Dataset entries:
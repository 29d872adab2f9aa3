-- ===== src/Reader/Stream/Rounds.antt =====
-- One round of the loop of `feed` of bridgewire/reader.py, and its fuel.
use frontdoor.Prelude.{
  ℕ, zero, suc, ◌≤◌, ◌<◌, ◌≡◌, refl, Bool, true, false, not, none, some, [], ◌∷◌, ◌++◌, length,
  take, drop, ltb, ◌==◌, if◌then◌else◌, all, arith, length-drop, Option-cases, inl, inr, ap,
  Bool-cases,
}
use frontdoor.Reader.Record.{Text, stx, etx, malformed, parse_reader_record}
use frontdoor.Reader.Stream.{find, resume_at, record_result, drain}

-- No byte of a text is `byte`.
abbrev pub lacks : ℕ → Text → Bool
lacks byte = all λ b. not (b == byte)

pub find_absent : (byte : ℕ) (text : Text) → lacks byte text ≡ true → find byte text ≡ none
find_absent byte [] h = refl
find_absent byte (b ∷ text) h = ground (arith, find_absent byte text)

pub find_first :
    (byte : ℕ) (text rest : Text)
    → lacks byte text ≡ true
    → find byte (text ++ byte ∷ rest) ≡ some (length text)
find_first byte [] rest h = ground arith
find_first byte (b ∷ text) rest h = ground (arith, find_first byte text rest)

pub find-none : (byte : ℕ) (text : Text) → find byte text ≡ none → lacks byte text ≡ true
find-none byte [] h = refl
find-none byte (b ∷ text) h = ground (arith, find-none byte text)

take-append_next :
    (text : Text) (b : ℕ) (rest : Text)
    → take (suc (length text)) (text ++ b ∷ rest) ≡ text ++ b ∷ []
take-append_next [] b rest = refl
take-append_next (c ∷ text) b rest = ap (◌∷◌ c) (take-append_next text b rest)

drop-append_next :
    (text : Text) (b : ℕ) (rest : Text) → drop (suc (length text)) (text ++ b ∷ rest) ≡ rest
drop-append_next [] b rest = refl
drop-append_next (c ∷ text) b rest = drop-append_next text b rest

-- A resumed buffer is shorter, and begins a record if it is not empty.
pub length-resume_at :
    (b : ℕ) (rest : Text)
    → (b == stx) ≡ false
    → length (resume_at (find stx (b ∷ rest)) (b ∷ rest)) ≤ length rest
length-resume_at b rest h = elim (Option-cases (find stx rest)) [
  | inl absent ↦ rw (h, absent) (omega arith)
  | inr (i, found) ↦ rw (h, found) (omega (arith, length-drop i rest))
]

pub drain_nil : (fuel maximum : ℕ) → drain fuel maximum [] ≡ ([], [])
unfolding drain
drain_nil zero maximum = refl
drain_nil (suc fuel) maximum = refl

-- The three kinds of round.
module _ (fuel maximum b : ℕ) (rest : Text) where
  pub drain_noise :
      (b == stx) ≡ false
      → let later = drain fuel maximum (resume_at (find stx (b ∷ rest)) (b ∷ rest)) in
        drain (suc fuel) maximum (b ∷ rest) ≡ (malformed "invalid_framing" ∷ later.0, later.1)
  unfolding drain
  drain_noise noise = rw noise

  pub drain_waits :
      (b == stx) ≡ true
      → find etx rest ≡ none
      → drain (suc fuel) maximum (b ∷ rest) ≡ (
          if ltb maximum (suc (length rest))
          then (malformed "excessive_length" ∷ [], [])
          else ([], b ∷ rest))
  unfolding drain
  drain_waits starts absent = rw (starts, absent)

  pub drain_ends :
      {i : ℕ}
      → (b == stx) ≡ true
      → find etx rest ≡ some i
      → let later = drain fuel maximum (drop (suc i) rest) in
        drain (suc fuel) maximum (b ∷ rest)
        ≡ (record_result (parse_reader_record (take (suc (suc i)) (b ∷ rest))) ∷ later.0, later.1)
  unfolding drain
  drain_ends starts ends = rw (starts, ends)

-- With a round for each byte the loop ends by itself.
pub drain_fuel :
    (f g maximum : ℕ) (buffer : Text)
    → length buffer ≤ f
    → length buffer ≤ g
    → drain f maximum buffer ≡ drain g maximum buffer
unfolding drain
drain_fuel zero zero maximum buffer hf hg = refl
drain_fuel zero (suc g) maximum [] hf hg = refl
drain_fuel zero (suc g) maximum (b ∷ rest) hf hg = absurd (omega arith)
drain_fuel (suc f) zero maximum [] hf hg = refl
drain_fuel (suc f) zero maximum (b ∷ rest) hf hg = absurd (omega arith)
drain_fuel (suc f) (suc g) maximum [] hf hg = refl
drain_fuel (suc f) (suc g) maximum (b ∷ rest) hf hg = elim (Bool-cases (b == stx)) [
  | inl starts ↦ elim (Option-cases (find etx rest)) [
    | inl partial ↦ rw (starts, partial)
    | inr (i, ends) ↦ rw (
      starts,
      ends,
      drain_fuel f g maximum (drop (suc i) rest) (omega (arith, length-drop (suc i) rest))
          (omega (arith, length-drop (suc i) rest)),
    )
  ]
  | inr noise ↦ rw (
    drain_fuel f g maximum (resume_at (find stx (b ∷ rest)) (b ∷ rest))
        (omega (arith, length-resume_at b rest noise))
        (omega (arith, length-resume_at b rest noise)),
    noise,
  )
]

-- A frame with no end byte inside is handed to the parser, and the loop goes on after it.
pub drain_frame :
    (fuel maximum : ℕ) (body rest : Text)
    → lacks etx body ≡ true
    → drain (suc fuel) maximum (stx ∷ body ++ etx ∷ rest) ≡ (
      record_result (parse_reader_record (stx ∷ body ++ etx ∷ [])) ∷ (drain fuel maximum rest).0,
      (drain fuel maximum rest).1,
    )
unfolding drain
drain_frame fuel maximum body rest h =
    rw (find_first etx body rest h, take-append_next body etx rest, drop-append_next body etx rest)

-- The beginning of a frame waits in the buffer.
pub drain_partial :
    (fuel maximum : ℕ) (body : Text)
    → lacks etx body ≡ true
    → length body < maximum
    → drain (suc fuel) maximum (stx ∷ body) ≡ ([], stx ∷ body)
unfolding drain
drain_partial fuel maximum body h small = rw (find_absent etx body h) (ground arith)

Action item: From the first line of the records above to the line that contains "some (length text)", quote each line exactly.

Answer box:
repository 29d872adab2f9aa3
-- ===== src/Reader/Stream/Rounds.antt =====
-- One round of the loop of `feed` of bridgewire/reader.py, and its fuel.
use frontdoor.Prelude.{
  ℕ, zero, suc, ◌≤◌, ◌<◌, ◌≡◌, refl, Bool, true, false, not, none, some, [], ◌∷◌, ◌++◌, length,
  take, drop, ltb, ◌==◌, if◌then◌else◌, all, arith, length-drop, Option-cases, inl, inr, ap,
  Bool-cases,
}
use frontdoor.Reader.Record.{Text, stx, etx, malformed, parse_reader_record}
use frontdoor.Reader.Stream.{find, resume_at, record_result, drain}

-- No byte of a text is `byte`.
abbrev pub lacks : ℕ → Text → Bool
lacks byte = all λ b. not (b == byte)

pub find_absent : (byte : ℕ) (text : Text) → lacks byte text ≡ true → find byte text ≡ none
find_absent byte [] h = refl
find_absent byte (b ∷ text) h = ground (arith, find_absent byte text)

pub find_first :
    (byte : ℕ) (text rest : Text)
    → lacks byte text ≡ true
    → find byte (text ++ byte ∷ rest) ≡ some (length text)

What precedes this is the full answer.